The Financial System

The financial system. Wow, now there’s a catchy title. I doubt there could be a subject less interesting than that, yet have more impact on our daily lives.

To most of us a financial system would be working for a paycheck and then spending it. But in this complex and unethical world, where the money goes and why, is a mystery and too much trouble to try to understand.

In the caveman days (or cavewoman), all the necessities of life were produced by the user of those necessities. Life became easier as people discovered they were all different and specialization allowed them to do what they were good at and that took less effort. For example, a hunter might have an eye for spotting game and a seamstress is better at making a hide into a pair of pants.

In order for this division of labor to work, one person’s products and needs being different from another’s, money was invented. The guy with the dead bear had difficulty trading for the pair of pants because each required different skills, time, and inputs. How the trade was made was entirely up to the hunter and the seamstress and an increasingly complex network.

The bear might have taken more time and energy to produce than a pair of pants so the seamstress threw in a hat to make it a fair trade. But she was lousy at making hats and had to get the hat from a hat-maker. See, it’s already getting difficult to keep our interest.

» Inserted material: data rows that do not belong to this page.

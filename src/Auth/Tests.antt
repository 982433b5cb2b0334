-- ===== src/Auth/Tests.antt =====
-- The authenticators on small inputs.
use nexus_auth.Prelude.{
  ℕ, ◌+◌, ◌≤◌, ◌<◌, ◌≡◌, ◌↔◌, refl, Bool, true, false, ◌||◌, Option, none, some, List, [], ◌∷◌,
  Text, Bytes, text, Result, ok, err, is_ok, is_empty, is_blank, arith, if◌then◌else◌, ltb,
  abs_diff,
}
use nexus_auth.Order.{text_ord, ◌≟◌, cmp_text}
use nexus_auth.BTree.{get, insert}
use nexus_auth.Lab.{lab, lab_crypto, lab_crypto-IsSane, pad}
use nexus_auth.Replay.{new_guard, max_seen_nonces, check_and_insert}
use nexus_auth.Replay.Invariant.{new_guard-IsConsistent}
use nexus_auth.Replay.Window.{answer}
use nexus_auth.Policy.Types.{JoinToken}
use nexus_auth.Policy.Tokens.{issue_join_token, consume_join_token}
use nexus_auth.Policy.Tests.{start, web, alice}
use nexus_auth.Auth.Replicate.{
  ReplicateMsg, RepAuth, expired_timestamp, replayed, op_replicate, verify_replicate,
  replicate_input, max_ts_skew_secs,
}
use nexus_auth.Auth.Accept.{IsAcceptable, verify_replicate_exactly}
use nexus_auth.Auth.Admin.{
  ManagementRequest, MacInput, AdminAuth, IsProven, verify_management, verify_management_exactly,
}
use nexus_auth.Auth.Replayed.{change, pass_all, replay_after_traffic}
use nexus_auth.Auth.Requests.{
  AdminRequestV2, AdminCbor, AdminKeyConfig, AdminVerifier, VerifiedAdmin, root,
}
use nexus_auth.Auth.AdminV2.{from_config, request_hash, verify}
use nexus_auth.Auth.Administrators.{IsRetry, IsSigned, verify_only_if, retry_hash}
use nexus_auth.Auth.JoinToken.{JoinTokenSigned, verify_join_token}
use nexus_auth.Auth.Admission.{IsGood, verify_join_token_exactly, verified_admitted}

abbrev replica : RepAuth
replica = record { key = 5 ∷ []; guard = new_guard }

abbrev news : ReplicateMsg
news = record {
  op = 114 ∷ 101 ∷ 112 ∷ 108 ∷ 105 ∷ 99 ∷ 97 ∷ 116 ∷ 101 ∷ [];
  service = web;
  version = 3;
  members = alice ∷ web ∷ [];
  index_version = 4;
  deleted = false;
  nonce = 49 ∷ [];
  ts = 1000;
  mac = [];
}

verify_replicate_exactly_example :
    ((is_ok (verify_replicate lab_crypto news 1100 replica).0 ≡ true)
      ↔ IsAcceptable lab_crypto replica 1100 news)
    × ((verify_replicate lab_crypto news 1100 replica).1 ≡ (
        if is_ok (verify_replicate lab_crypto news 1100 replica).0
        then record replica { guard = (check_and_insert news.nonce replica.guard).1 }
        else replica))
verify_replicate_exactly_example =
    verify_replicate_exactly lab_crypto news 1100 replica lab_crypto-IsSane
      (new_guard-IsConsistent max_seen_nonces)

news_op : news.op ≡ op_replicate
unfolding op_replicate text
news_op = refl

news_fresh : answer new_guard news.nonce ≡ ok tt
unfolding answer new_guard nexus_auth.BTree.Sets.listed
news_fresh = refl

abs_100 : abs_diff 1100 news.ts ≤ max_ts_skew_secs
unfolding abs_diff
abs_100 = omega arith

abbrev signed_news : ReplicateMsg
signed_news = record news { mac = pad 2640 }

news_taken : (verify_replicate lab_crypto signed_news 1100 replica).0 ≡ ok tt
unfolding verify_replicate cmp_text text replicate_input nexus_auth.Auth.Sort.join
    nexus_auth.Auth.Sort.sort abs_diff check_and_insert get new_guard
news_taken = refl

replay_after_traffic_example :
    (verify_replicate lab_crypto signed_news 1200 (
      pass_all lab_crypto
        (change news 1150 ∷ [])
        (verify_replicate lab_crypto signed_news 1100 replica).1)).0
    ≡ (if ltb max_ts_skew_secs (abs_diff 1200 1000) then err expired_timestamp else err replayed)
replay_after_traffic_example =
    replay_after_traffic lab_crypto signed_news 1100 1200 replica (change news 1150 ∷ [])
      (new_guard-IsConsistent max_seen_nonces) news_taken (omega arith)

abbrev root_key : AdminKeyConfig
root_key = record { kid = 107 ∷ []; role = 114 ∷ 111 ∷ 111 ∷ 116 ∷ []; public_key = pad 9 }

abbrev verifier : AdminVerifier ℕ
verifier = record { keys = (107 ∷ [], (9, root)) ∷ []; guard = new_guard }

root_configured : from_config lab_crypto (root_key ∷ []) true ≡ ok verifier
unfolding from_config is_blank get cmp_text text insert
root_configured = refl

abbrev lab_cbor : AdminCbor
lab_cbor = record { signed_bytes = λ s. ok (1 ∷ []); identity_bytes = λ i. ok (2 ∷ []) }

abbrev ask : AdminRequestV2
ask = record {
  v = 2;
  op = 99 ∷ [];
  service = web;
  peers = alice ∷ web ∷ [];
  kid = 107 ∷ [];
  request_id = 49 ∷ [];
  nonce = 50 ∷ [];
  ts = 1000;
  sig = 10 ∷ [];
  member = none;
  join_token = none;
}

abbrev verified : VerifiedAdmin
verified = record { kid = 107 ∷ []; role = root; request_hash = 2 ∷ []; signed_bytes = 1 ∷ [] }

ask_passes : (verify lab_crypto lab_cbor ask 1100 verifier).0 ≡ ok verified
unfolding verify is_blank get cmp_text abs_diff check_and_insert new_guard
ask_passes = refl

verify_only_if_example : IsSigned lab_crypto lab_cbor verifier 1100 ask verified
verify_only_if_example =
    verify_only_if lab_crypto lab_cbor ask 1100 verifier verified
      (new_guard-IsConsistent max_seen_nonces) ask_passes

abbrev ask_again : AdminRequestV2
ask_again = record ask { nonce = 51 ∷ []; ts = 1060; peers = web ∷ alice ∷ web ∷ [] }

listed_again :
    (p : Text)
    → nexus_auth.BTree.Sets.listed p ask_again.peers ≡ nexus_auth.BTree.Sets.listed p ask.peers
unfolding nexus_auth.BTree.Sets.listed
listed_again p = ground arith

ask_again-IsRetry : IsRetry ask ask_again
ask_again-IsRetry = record {
  v = refl;
  op = refl;
  service = refl;
  kid = refl;
  request_id = refl;
  member = refl;
  join_token = refl;
  peers = listed_again;
}

retry_hash_example :
    request_hash lab_crypto lab_cbor ask_again ≡ request_hash lab_crypto lab_cbor ask
retry_hash_example = retry_hash lab_crypto lab_cbor ask ask_again ask_again-IsRetry

abbrev token_cbor : JoinTokenSigned → Result Text Bytes
token_cbor t = ok (t.expires_at ∷ t.jti)

abbrev ticket : JoinToken
ticket = record {
  v = 1;
  jti = 106 ∷ [];
  cluster_id = 99 ∷ [];
  network = 110 ∷ [];
  audience = 80 ∷ [];
  expires_at = 5000;
  max_uses = 2;
  bind_peer_id = alice;
  kid = 107 ∷ [];
  sig = 5115 ∷ [];
}

verify_join_token_exactly_example :
    (verify_join_token lab_crypto token_cbor
        (λ e. [])
        verifier
        ticket
        4000
        (99 ∷ [])
        (110 ∷ [])
        ((80 ∷ []) ∷ [])
      ≡ ok tt)
    ↔ IsGood lab_crypto token_cbor
        (λ e. [])
        verifier
        ticket
        4000
        (99 ∷ [])
        (110 ∷ [])
        ((80 ∷ []) ∷ [])
verify_join_token_exactly_example =
    verify_join_token_exactly lab_crypto token_cbor (λ e. []) verifier ticket 4000 (99 ∷ [])
      (110 ∷ []) ((80 ∷ []) ∷ [])

ticket_verified :
    verify_join_token lab_crypto token_cbor
      (λ e. [])
      verifier
      ticket
      4000
      (99 ∷ [])
      start.network
      ((80 ∷ []) ∷ [])
    ≡ ok tt
unfolding verify_join_token is_blank cmp_text text nexus_auth.Prelude.any get
ticket_verified = refl

ticket_new : get ticket.jti start.join_tokens ≡ none
unfolding get
ticket_new = refl

ticket_bound : (is_empty ticket.bind_peer_id || ticket.bind_peer_id ≟ alice) ≡ true
unfolding cmp_text
ticket_bound = refl

verified_admitted_example :
    let (issued, s') = issue_join_token ticket start in
    let (used, s'') = consume_join_token ticket.jti alice 4500 s' in
    (issued ≡ ok tt)
    × (used ≡ ok tt)
    × (get ticket.jti s''.join_tokens ≡ some (record { token = ticket; uses = 1 }))
verified_admitted_example =
    verified_admitted lab_crypto token_cbor (λ e. []) verifier ticket 4000 4500 (99 ∷ []) alice
      ((80 ∷ []) ∷ []) start ticket_verified ticket_new ticket_bound (omega arith)

abbrev manager : AdminAuth
manager = record { mac_key = 5 ∷ []; guard = new_guard }

abbrev lab_json : MacInput → Option Bytes
lab_json i = some (i.ts ∷ i.nonce)

abbrev add_peer : ManagementRequest
add_peer = record {
  op = 97 ∷ [];
  service = web;
  peers = web ∷ alice ∷ [];
  nonce = 52 ∷ [];
  ts = 1000;
  mac = pad 1057;
}

verify_management_exactly_example :
    ((is_ok (verify_management lab_crypto lab_json add_peer 1100 manager).0 ≡ true)
      ↔ IsProven lab_crypto lab_json manager 1100 add_peer)
    × ((verify_management lab_crypto lab_json add_peer 1100 manager).1 ≡ (
        if is_ok (verify_management lab_crypto lab_json add_peer 1100 manager).0
        then record manager { guard = (check_and_insert add_peer.nonce manager.guard).1 }
        else manager))
verify_management_exactly_example =
    verify_management_exactly lab_crypto lab_json add_peer 1100 manager lab_crypto-IsSane
      (new_guard-IsConsistent max_seen_nonces)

The division of labor still exists today but it is polluted by complexities introduced by people who couldn’t get what they wanted with mutual agreement of all the parties involved.

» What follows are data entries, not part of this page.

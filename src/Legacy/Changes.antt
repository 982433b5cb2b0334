-- ===== src/Legacy/Changes.antt =====
-- The local operations of src/store.rs.
use nexus_auth.Prelude.{
  ℕ, Bool, true, false, not, Option, none, some, List, [], ◌∷◌, Text, Bytes, Result, Done, ok, err,
  ◌>>◌, if◌then◌else◌, wrapping_suc, length, ◌==◌,
}
use nexus_auth.Order.{text_ord, ◌≟◌}
use nexus_auth.BTree.{BTreeMap, BTreeSet, get, insert, remove, contains_key, collect, keys}
use nexus_auth.Names.{External, is_valid_service_name, is_valid_peer_id}
use nexus_auth.Snapshot.{ServiceState, StoreSnapshot}
use nexus_auth.Fsutil.{Disk, Faults, IoError}
use nexus_auth.Policy.Services.{insert_all, remove_all, replace}
use nexus_auth.Legacy.Types.{
  Store, StoreError, io, parse, network_mismatch, invalid_service, invalid_peer, not_found,
  already_exists, Toml, World, Op, save_to, save_then, save_anyway,
}

unfoldable pub service_names : Store → List Text
service_names s = keys s.services

unfoldable pub version : Store → Text → Option ℕ
version s service = elim (get service s.services) [ none ↦ none | some state ↦ some state.version ]

unfoldable pub members : Store → Text → Option (List Text)
members s service = elim (get service s.services) [
  | none ↦ none
  | some state ↦ some (keys state.members)
]

unfoldable pub member_count : Store → Text → Option ℕ
member_count s service = elim (get service s.services) [
  | none ↦ none
  | some state ↦ some (length state.members)
]

-- What `fs::read_to_string` of the path gives: no file, a file, or another error.
pub data Reading : Type 0 where
  missing : Reading
  content : Bytes → Reading
  failed : IoError → Reading

module _ (toml : Toml) where
  -- `state` is the entry of `service` with its members replaced. The save may fail, and the
  -- version is answered all the same.
  unfoldable pub finish_change : Faults → Text → ServiceState → Bool → World → ℕ × World
  unfolding save_anyway
  finish_change faults service state false w = (
    state.version,
    record w { store = record w.store { services = insert service state w.store.services } },
  )
  finish_change faults service state true w =
      let version = wrapping_suc state.version in
      (
        version,
        save_anyway toml faults (record w {
          store = record w.store {
            services = insert service (record state { version = version }) w.store.services;
            index_version = wrapping_suc w.store.index_version;
          };
        }),
      )

  unfoldable pub bump_index_version : Faults → World → ℕ × World
  unfolding save_anyway
  bump_index_version faults w =
      let version = wrapping_suc w.store.index_version in
      (
        version,
        save_anyway toml faults (record w { store = record w.store { index_version = version } }),
      )

  unfoldable pub set_index_version : Faults → ℕ → Op Done
  unfolding save_then
  set_index_version faults version w =
      if not (w.store.index_version == version)
      then save_then toml faults tt
          (record w { store = record w.store { index_version = version } })
      else (ok tt, w)

  unfoldable pub delete_service : Faults → Text → Op ℕ
  unfolding save_then
  delete_service faults service w = elim (get service w.store.services) [
    | none ↦ (err (not_found service), w)
    | some removed ↦
        let tombstone = wrapping_suc removed.version in
        save_then toml faults tombstone (record w {
          store = record w.store {
            services = remove service w.store.services;
            tombstones = insert service tombstone w.store.tombstones;
            index_version = wrapping_suc w.store.index_version;
          };
        })
  ]

  unfoldable pub from_snapshot :
      Faults → Text → StoreSnapshot → Disk → Result StoreError Store × Disk
  unfolding save_to
  from_snapshot faults network snapshot disk =
      let store : Store = record {
        network = network;
        index_version = snapshot.index_version;
        services = snapshot.services;
        tombstones = snapshot.tombstones;
      } in
      if not (snapshot.network ≟ network)
      then (err (network_mismatch network snapshot.network), disk)
      else ((save_to toml faults store disk).0 >> ok store, (save_to toml faults store disk).1)

module _ ⦃x : External⦄ where
  unfoldable pub validate_peers : List Text → Result StoreError Done
  validate_peers [] = ok tt
  validate_peers (peer ∷ peers) =
      let rest = validate_peers peers in
      if is_valid_peer_id peer then rest else err (invalid_peer peer)

  -- The services of the configuration, that the first start begins with.
  unfoldable pub seed_services :
      BTreeMap Text (List Text)
      → BTreeMap Text ServiceState
      → Result StoreError (BTreeMap Text ServiceState)
  unfolding validate_peers
  seed_services [] services = ok services
  seed_services ((name, members) ∷ initial) services =
      let rest =
        seed_services initial
          (insert name (record { version = 1; members = collect members }) services) in
      if not (is_valid_service_name name)
      then err (invalid_service name)
      else validate_peers members >> rest

  unfoldable pub load_or_create :
      Toml
      → Faults
      → Text
      → BTreeMap Text (List Text)
      → Reading
      → Disk
      → Result StoreError Store × Disk
  unfolding save_to seed_services
  load_or_create toml faults network initial (content bytes) disk = elim (toml.from_str bytes) [
    | err e ↦ (err (parse e), disk)
    | ok file ↦
        if not (file.network ≟ network)
        then (err (network_mismatch network file.network), disk)
        else (
          ok (record {
            network = network;
            index_version = file.index_version;
            services = file.services;
            tombstones = file.tombstones;
          }),
          disk,
        )
  ]
  load_or_create toml faults network initial (failed e) disk = (err (io e), disk)
  load_or_create toml faults network initial missing disk = elim (seed_services initial []) [
    | err e ↦ (err e, disk)
    | ok services ↦
        let store : Store = record {
          network = network;
          index_version = 1;
          services = services;
          tombstones = [];
        } in
        ((save_to toml faults store disk).0 >> ok store, (save_to toml faults store disk).1)
  ]

  unfoldable pub create_service : Toml → Faults → Text → List Text → Op ℕ
  unfolding save_then validate_peers
  create_service toml faults service peers w =
      if not (is_valid_service_name service)
      then (err (invalid_service service), w)
      else elim (validate_peers peers) [
        | err e ↦ (err e, w)
        | ok _ ↦
            if contains_key service w.store.services
            then (err (already_exists service), w)
            else save_then toml faults 1 (record w {
              store = record w.store {
                services =
                    insert service (record { version = 1; members = collect peers })
                      w.store.services;
                index_version = wrapping_suc w.store.index_version;
              };
            })
      ]

  -- What the three operations on members share.
  unfoldable pub change_members :
      Toml → Faults → Text → List Text → (BTreeSet Text → Bool × BTreeSet Text) → Op ℕ
  unfolding finish_change validate_peers
  change_members toml faults service peers update w = elim (validate_peers peers) [
    | err e ↦ (err e, w)
    | ok _ ↦ elim (get service w.store.services) [
      | none ↦ (err (not_found service), w)
      | some state ↦
          let (changed, members) = update state.members in
          let (version, w') =
            finish_change toml faults service (record state { members = members }) changed w in
          (ok version, w')
    ]
  ]

  unfoldable pub add_members : Toml → Faults → Text → List Text → Op ℕ
  unfolding change_members
  add_members toml faults service peers =
      change_members toml faults service peers (insert_all peers false)

  unfoldable pub remove_members : Toml → Faults → Text → List Text → Op ℕ
  unfolding change_members
  remove_members toml faults service peers =
      change_members toml faults service peers (remove_all peers false)

  unfoldable pub set_members : Toml → Faults → Text → List Text → Op ℕ
  unfolding change_members replace
  set_members toml faults service peers =
      change_members toml faults service peers (replace (collect peers))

Pollution makes us all poorer as we have to find more complicated ways to achieve our goals. For example, water close by that is not drinkable causes us to dig another well or ship water from a longer distance.

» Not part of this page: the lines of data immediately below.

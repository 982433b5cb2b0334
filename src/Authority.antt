-- ===== src/Authority.antt =====
-- `Authority` of src/authority.rs: the seed of a network, the keys of its records in the DHT, and
-- their signatures.
pub mod Separate
pub mod Signed
pub mod Seeds
mod Tests
use nexus_auth.Prelude.{
  ℕ, Bool, not, Option, none, some, List, ◌++◌, Text, Bytes, text, Result, ok, err, ◌>>=◌, ok_or,
  if◌then◌else◌, length, ◌==◌,
}
use nexus_auth.Fsutil.{Disk, Faults, IoError, atomic_write}
use nexus_auth.Names.{External, is_valid_network_name, is_valid_service_name, reserved_service}
use nexus_auth.Legacy.Changes.{Reading, missing, content, failed}

pub data AuthorityError : Type 0 where
  io : IoError → AuthorityError
  invalid_seed invalid_name cose : AuthorityError

-- The `length` is a `u64`.
pub record ServiceEntry : Type 0 where
  pub name : Text
  pub hash : Bytes
  pub length : ℕ

pub record IndexDoc : Type 0 where
  pub version : ℕ
  pub expires_at : ℕ
  pub services : List ServiceEntry

pub record WhitelistDoc : Type 0 where
  pub version : ℕ
  pub members : List Text

-- What `CoseSign1::from_slice` reads: whether the algorithm of the protected header is EdDSA, the
-- payload, the signature, and `tbs_data`, the bytes that are signed for an `aad`.
pub record CoseSign1 : Type 0 where
  pub is_eddsa : Bool
  pub payload : Option Bytes
  pub signature : Bytes
  pub tbs_data : Bytes → Bytes

-- The libraries: ed25519-dalek with signing keys by their seed, coset, ciborium at the two documents,
-- and base64 in the URL alphabet with no padding.
pub record Signing (V S : Type 0) : Type 0 where
  pub sign : Bytes → Bytes → Bytes
  pub verifying_key : Bytes → Bytes
  pub key_from_bytes : Bytes → Option V
  pub signature_from_slice : Bytes → Option S
  pub verifies : V → Bytes → S → Bool
  -- what is signed of an `aad` and a payload under the EdDSA header
  pub sig_structure : Bytes → Bytes → Bytes
  -- the envelope of a payload and a signature under the EdDSA header
  pub to_vec : Bytes → Bytes → Option Bytes
  pub from_slice : Bytes → Option CoseSign1
  pub index_cbor : IndexDoc → Option Bytes
  pub whitelist_cbor : WhitelistDoc → Option Bytes
  pub encode_url : Bytes → Text

pub record Authority : Type 0 where
  pub signing_key : Bytes
  pub network : Text
  pub net_hash : Text

abbrev pub seed_len : ℕ
seed_len = 32

unfoldable pub auth_prefix : Text
auth_prefix = text "/oahd/auth"

-- `format!("{}/{}/{}", AUTH_PREFIX, net_hash, name)`
unfoldable pub record_key : Text → Text → Text
record_key net_hash name = auth_prefix ++ (text "/" ++ (net_hash ++ (text "/" ++ name)))

unfoldable pub index_key : Authority → Text
unfolding record_key
index_key a = record_key a.net_hash reserved_service

unfoldable pub service_key : Authority → Text → Result AuthorityError Text
unfolding record_key
service_key a service =
    if not (is_valid_service_name service)
    then err invalid_name
    else ok (record_key a.net_hash service)

module _ {V S : Type 0} (l : Signing V S) where
  module _ ⦃x : External⦄ where
    unfoldable pub net_hash : Text → Text
    net_hash name = l.encode_url (x.sha256 name)

    unfoldable pub from_seed : Bytes → Text → Result AuthorityError Authority
    unfolding net_hash
    from_seed seed network =
        if not (is_valid_network_name network)
        then err invalid_name
        else ok (record { signing_key = seed; network = network; net_hash = net_hash network })

    unfoldable pub load : Text → Reading → Result AuthorityError Authority
    unfolding from_seed
    load network (content bytes) =
        if not (length bytes == seed_len) then err invalid_seed else from_seed bytes network
    load network missing = err (io IoError.not_found)
    load network (failed e) = err (io e)

    -- `random` are the bytes that `OsRng` fills.
    unfoldable pub load_or_create :
        Faults → Bytes → Text → Reading → Disk → Result AuthorityError Authority × Disk
    unfolding from_seed
    load_or_create faults random network (content bytes) disk =
        (if not (length bytes == seed_len) then err invalid_seed else from_seed bytes network, disk)
    load_or_create faults random network (failed e) disk = (err (io e), disk)
    load_or_create faults random network missing disk = elim (atomic_write faults random disk).0 [
      | err e ↦ (err (io e), (atomic_write faults random disk).1)
      | ok _ ↦ (from_seed random network, (atomic_write faults random disk).1)
    ]

    -- `index_key_for`
    unfoldable pub index_key_for : Text → Text
    unfolding net_hash record_key
    index_key_for network = record_key (net_hash network) reserved_service

  unfoldable pub sign_payload : Authority → Bytes → Bytes → Result AuthorityError Bytes
  sign_payload a aad payload =
      ok_or (l.to_vec payload (l.sign a.signing_key (l.sig_structure aad payload))) cose

  unfoldable pub sign_index : Authority → IndexDoc → Result AuthorityError Bytes
  unfolding sign_payload index_key
  sign_index a doc = do
    payload ← ok_or (l.index_cbor doc) cose
    sign_payload a (index_key a) payload

  unfoldable pub sign_whitelist : Authority → Text → WhitelistDoc → Result AuthorityError Bytes
  unfolding sign_payload service_key
  sign_whitelist a service doc = do
    key ← service_key a service
    payload ← ok_or (l.whitelist_cbor doc) cose
    sign_payload a key payload

  unfoldable pub check_cose : V → Bytes → CoseSign1 → Result AuthorityError Bytes
  check_cose key aad sign1 = elim (l.signature_from_slice sign1.signature) [
    | none ↦ err cose
    | some sig ↦
        if not (l.verifies key (sign1.tbs_data aad) sig) then err cose else ok_or sign1.payload cose
  ]

  unfoldable pub verify_cose_sign1 : Bytes → Bytes → Bytes → Result AuthorityError Bytes
  unfolding check_cose
  verify_cose_sign1 public_key aad value = elim (l.from_slice value) [
    | none ↦ err cose
    | some sign1 ↦ if not sign1.is_eddsa then err cose else elim (l.key_from_bytes public_key) [
      | none ↦ err cose
      | some key ↦ check_cose key aad sign1
    ]
  ]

It is little glitches like these that add up to poverty and income inequality. They don’t occur naturally. They are forced on us. The only way this can happen is through misapplied or abused government power or fraud. But when all the parties involved in a financial system perform their transactions with mutual agreement and with all the facts being transparent, the most efficient use of resources is utilized.

History is written by a series of crises. The crises are addressed with bailouts of various kinds. The bailouts are deemed necessary because of the job losses or even losses of life that look imminent.

The folks who describe the bailouts as necessary undeniably have motives to interfere in our usual peaceful exchange. They turn to the government because it is easy to convince the masses that there is no other choice.

In recent years bailouts have proliferated at an increasing rate. From money printing and actual debt purchases by The Fed to tariffs, mandates, forgivable loans, and outright handouts; the perfectly logical system of free choice is polluted to benefit special interests.

Large companies can easily afford lobbyists and lawyers to deal with complicated tax and subsidy pollution. Since 1980, startup rates have gone from 14% to 7% as new companies see all the bureaucratic headaches are not worth the effort. Bailouts of established companies have stifled productivity.

The percentage of “zombie” firms (companies that can’t even pay interest, much less principle on their debt) has increased to 18% because so-called essential companies are kept alive by various bailouts.

When we see things are less affordable, we instinctively blame low wages and higher prices. A look at our polluted financial system indicates that we can’t blame vendors and employers so much as the favors divvied out by politicians as essential. Actually, an honest financial system with none of that is what is essential.